▶ Problem details
Reproduce all the entries beneath this sentence exactly.
Material shown Start Marker
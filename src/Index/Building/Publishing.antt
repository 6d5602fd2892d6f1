-- ===== src/Index/Building/Publishing.antt =====
-- What a reader of the index sees before and after a build.
use lctk.Prelude.{ℕ, ◌+◌, ◌<◌, ◌≡◌, ◌≢◌, refl, Option, none, some, arith, if_cases}
use lctk.Index.{Limits, State, Result, ok, err}
use lctk.Index.Building.{
  decoded, Link, absent, unresolvable, points, Generation, BuildPlan, Run, Engine, Index,
  read_state, read_generation, resolve_link, resolve_current, put_generation, pruned, prune, commit,
  commit_staged, stage, built_state, build,
}

read_generation-number :
    {Sh : Type 0}
    → (m n : ℕ) (g : Option (Generation Sh)) (s : State) → read_generation m g ≡ ok (n, s)
    → m ≡ n
unfolding read_generation read_state
read_generation-number m n none s h = cc
read_generation-number m n (some g) s h = ground arith

-- What a link to a published generation resolves to is decided by that one directory.
pub resolve_link-at :
    {Sh : Type 0}
    → (n : ℕ) (gens gens' : ℕ → Option (Generation Sh)) (s : State) (link : Link)
    → resolve_link link gens ≡ ok (n, s)
    → gens' n ≡ gens n
    → resolve_link link gens' ≡ ok (n, s)
unfolding resolve_link
resolve_link-at n gens gens' s absent h e = cc
resolve_link-at n gens gens' s unresolvable h e = cc
resolve_link-at n gens gens' s (points m) h e =
    let number = read_generation-number m n (gens m) s h in rw number (rw e (rw number at h))

put_generation-other :
    {Sh : Type 0}
    → (n m : ℕ) (g : Option (Generation Sh)) (gens : ℕ → Option (Generation Sh)) → n ≢ m
    → put_generation n g gens m ≡ gens m
unfolding put_generation
put_generation-other n m g gens other = ground arith

module _ (E : Engine) (limits : Limits) (r : Run E.Shards) (n : ℕ) (s : State) where
  -- After an error a reader sees what it saw; after a success, the generation of the plan.
  abbrev pub Publishes : BuildPlan → Result State × Index E → Type 0
  Publishes p (err e, st) = resolve_current st ≡ ok (n, s)
  Publishes p (ok s', st) =
      (s' ≡ built_state E limits r p) × (resolve_current st ≡ ok (p.generation, s'))

  -- A generation whose number is less than the bound away from the newest is kept.
  pub prune-kept :
      (current m : ℕ) (gens : ℕ → Option (Generation E.Shards))
      → current < m + limits.keep_generations
      → prune E limits r current gens m ≡ gens m
  unfolding prune pruned
  prune-kept current m gens near = ground arith

  read_placed :
      (p : BuildPlan) (g : Generation E.Shards) (gens : ℕ → Option (Generation E.Shards))
      → g.state ≡ decoded (built_state E limits r p)
      → read_generation p.generation (put_generation p.generation (some g) gens p.generation)
        ≡ ok (p.generation, built_state E limits r p)
  unfolding read_generation put_generation read_state built_state
  read_placed p g gens e = ground arith

  pub commit-Publishes :
      (p : BuildPlan) (g : Generation E.Shards) (st : Index E)
      → resolve_current st ≡ ok (n, s)
      → g.state ≡ decoded (built_state E limits r p)
      → 0 < limits.keep_generations
      → p.generation ≢ n
      → Publishes p (commit E limits r p.generation g (built_state E limits r p) st)
  unfolding commit resolve_current
  commit-Publishes p g st h e keep new =
      let beside = λ (x : Option (Generation E.Shards)).
        resolve_link-at n st.generations (put_generation p.generation x st.generations) s st.current
          h (put_generation-other p.generation n x st.generations new) in
      if_cases (Publishes p) r.target_kept _ _ (λ _. beside _)
        λ _.
          if_cases (Publishes p) r.not_renamed _ _ (λ _. beside _)
            λ _.
              if_cases (Publishes p) r.not_published _ _ (λ _. beside _)
                λ _. (
                  refl,
                  rw (prune-kept p.generation p.generation _ (omega (arith, keep)))
                      (read_placed p g st.generations e),
                )

  stage-state :
      (p : BuildPlan) (st : Index E) (g : Generation E.Shards)
      → stage E limits r p st ≡ ok g
      → g.state ≡ decoded (built_state E limits r p)
  unfolding stage
  stage-state p st g h = ground arith

  commit_staged-Publishes :
      (p : BuildPlan) (st : Index E) (staged : Result (Generation E.Shards))
      → stage E limits r p st ≡ staged
      → resolve_current st ≡ ok (n, s)
      → 0 < limits.keep_generations
      → p.generation ≢ n
      → Publishes p (commit_staged E limits r p staged st)
  unfolding commit_staged
  commit_staged-Publishes p st (err e) staged h keep new = h
  commit_staged-Publishes p st (ok g) staged h keep new =
      commit-Publishes p g st h (stage-state p st g staged) keep new

  pub build-Publishes :
      (p : BuildPlan) (st : Index E)
      → resolve_current st ≡ ok (n, s)
      → 0 < limits.keep_generations
      → p.generation ≢ n
      → Publishes p (build E limits r p st)
  unfolding build
  build-Publishes p st h keep new =
      commit_staged-Publishes p st (stage E limits r p st) refl h keep new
Material shown End Marker
▶ Answer box
filename src/Index/Building/Publishing.antt
repository 6d5602fd2892d6f1
-- ===== src/Index/Building/Publishing.antt =====
-- What a reader of the index sees before and after a build.
use lctk.Prelude.{ℕ, ◌+◌, ◌<◌, ◌≡◌, ◌≢◌, refl, Option, none, some, arith, if_cases}
use lctk.Index.{Limits, State, Result, ok, err}
use lctk.Index.Building.{
  decoded, Link, absent, unresolvable, points, Generation, BuildPlan, Run, Engine, Index,
  read_state, read_generation, resolve_link, resolve_current, put_generation, pruned, prune, commit,
  commit_staged, stage, built_state, build,
}

read_generation-number :
    {Sh : Type 0}
    → (m n : ℕ) (g : Option (Generation Sh)) (s : State) → read_generation m g ≡ ok (n, s)
    → m ≡ n
unfolding read_generation read_state
read_generation-number m n none s h = cc
read_generation-number m n (some g) s h = ground arith

-- What a link to a published generation resolves to is decided by that one directory.
pub resolve_link-at :
    {Sh : Type 0}
    → (n : ℕ) (gens gens' : ℕ → Option (Generation Sh)) (s : State) (link : Link)
    → resolve_link link gens ≡ ok (n, s)
    → gens' n ≡ gens n
    → resolve_link link gens' ≡ ok (n, s)
unfolding resolve_link
resolve_link-at n gens gens' s absent h e = cc
resolve_link-at n gens gens' s unresolvable h e = cc
resolve_link-at n gens gens' s (points m) h e =
    let number = read_generation-number m n (gens m) s h in rw number (rw e (rw number at h))

put_generation-other :
    {Sh : Type 0}
    → (n m : ℕ) (g : Option (Generation Sh)) (gens : ℕ → Option (Generation Sh)) → n ≢ m
    → put_generation n g gens m ≡ gens m
unfolding put_generation
put_generation-other n m g gens other = ground arith

module _ (E : Engine) (limits : Limits) (r : Run E.Shards) (n : ℕ) (s : State) where
  -- After an error a reader sees what it saw; after a success, the generation of the plan.
  abbrev pub Publishes : BuildPlan → Result State × Index E → Type 0
  Publishes p (err e, st) = resolve_current st ≡ ok (n, s)
  Publishes p (ok s', st) =
      (s' ≡ built_state E limits r p) × (resolve_current st ≡ ok (p.generation, s'))

  -- A generation whose number is less than the bound away from the newest is kept.
  pub prune-kept :
      (current m : ℕ) (gens : ℕ → Option (Generation E.Shards))
      → current < m + limits.keep_generations
      → prune E limits r current gens m ≡ gens m
  unfolding prune pruned
  prune-kept current m gens near = ground arith

  read_placed :
      (p : BuildPlan) (g : Generation E.Shards) (gens : ℕ → Option (Generation E.Shards))
      → g.state ≡ decoded (built_state E limits r p)
      → read_generation p.generation (put_generation p.generation (some g) gens p.generation)
        ≡ ok (p.generation, built_state E limits r p)
  unfolding read_generation put_generation read_state built_state
  read_placed p g gens e = ground arith

  pub commit-Publishes :
      (p : BuildPlan) (g : Generation E.Shards) (st : Index E)
      → resolve_current st ≡ ok (n, s)
      → g.state ≡ decoded (built_state E limits r p)
      → 0 < limits.keep_generations
      → p.generation ≢ n
      → Publishes p (commit E limits r p.generation g (built_state E limits r p) st)
  unfolding commit resolve_current
  commit-Publishes p g st h e keep new =
      let beside = λ (x : Option (Generation E.Shards)).
        resolve_link-at n st.generations (put_generation p.generation x st.generations) s st.current
          h (put_generation-other p.generation n x st.generations new) in
      if_cases (Publishes p) r.target_kept _ _ (λ _. beside _)
        λ _.
          if_cases (Publishes p) r.not_renamed _ _ (λ _. beside _)
            λ _.
              if_cases (Publishes p) r.not_published _ _ (λ _. beside _)
                λ _. (
                  refl,
                  rw (prune-kept p.generation p.generation _ (omega (arith, keep)))
                      (read_placed p g st.generations e),
                )

  stage-state :
      (p : BuildPlan) (st : Index E) (g : Generation E.Shards)
      → stage E limits r p st ≡ ok g
      → g.state ≡ decoded (built_state E limits r p)
  unfolding stage
  stage-state p st g h = ground arith

  commit_staged-Publishes :
      (p : BuildPlan) (st : Index E) (staged : Result (Generation E.Shards))
      → stage E limits r p st ≡ staged
      → resolve_current st ≡ ok (n, s)
      → 0 < limits.keep_generations
      → p.generation ≢ n
      → Publishes p (commit_staged E limits r p staged st)
  unfolding commit_staged
  commit_staged-Publishes p st (err e) staged h keep new = h
  commit_staged-Publishes p st (ok g) staged h keep new =
      commit-Publishes p g st h (stage-state p st g staged) keep new

  pub build-Publishes :
      (p : BuildPlan) (st : Index E)
      → resolve_current st ≡ ok (n, s)
      → 0 < limits.keep_generations
      → p.generation ≢ n
      → Publishes p (build E limits r p st)
  unfolding build
  build-Publishes p st h keep new =
      commit_staged-Publishes p st (stage E limits r p st) refl h keep new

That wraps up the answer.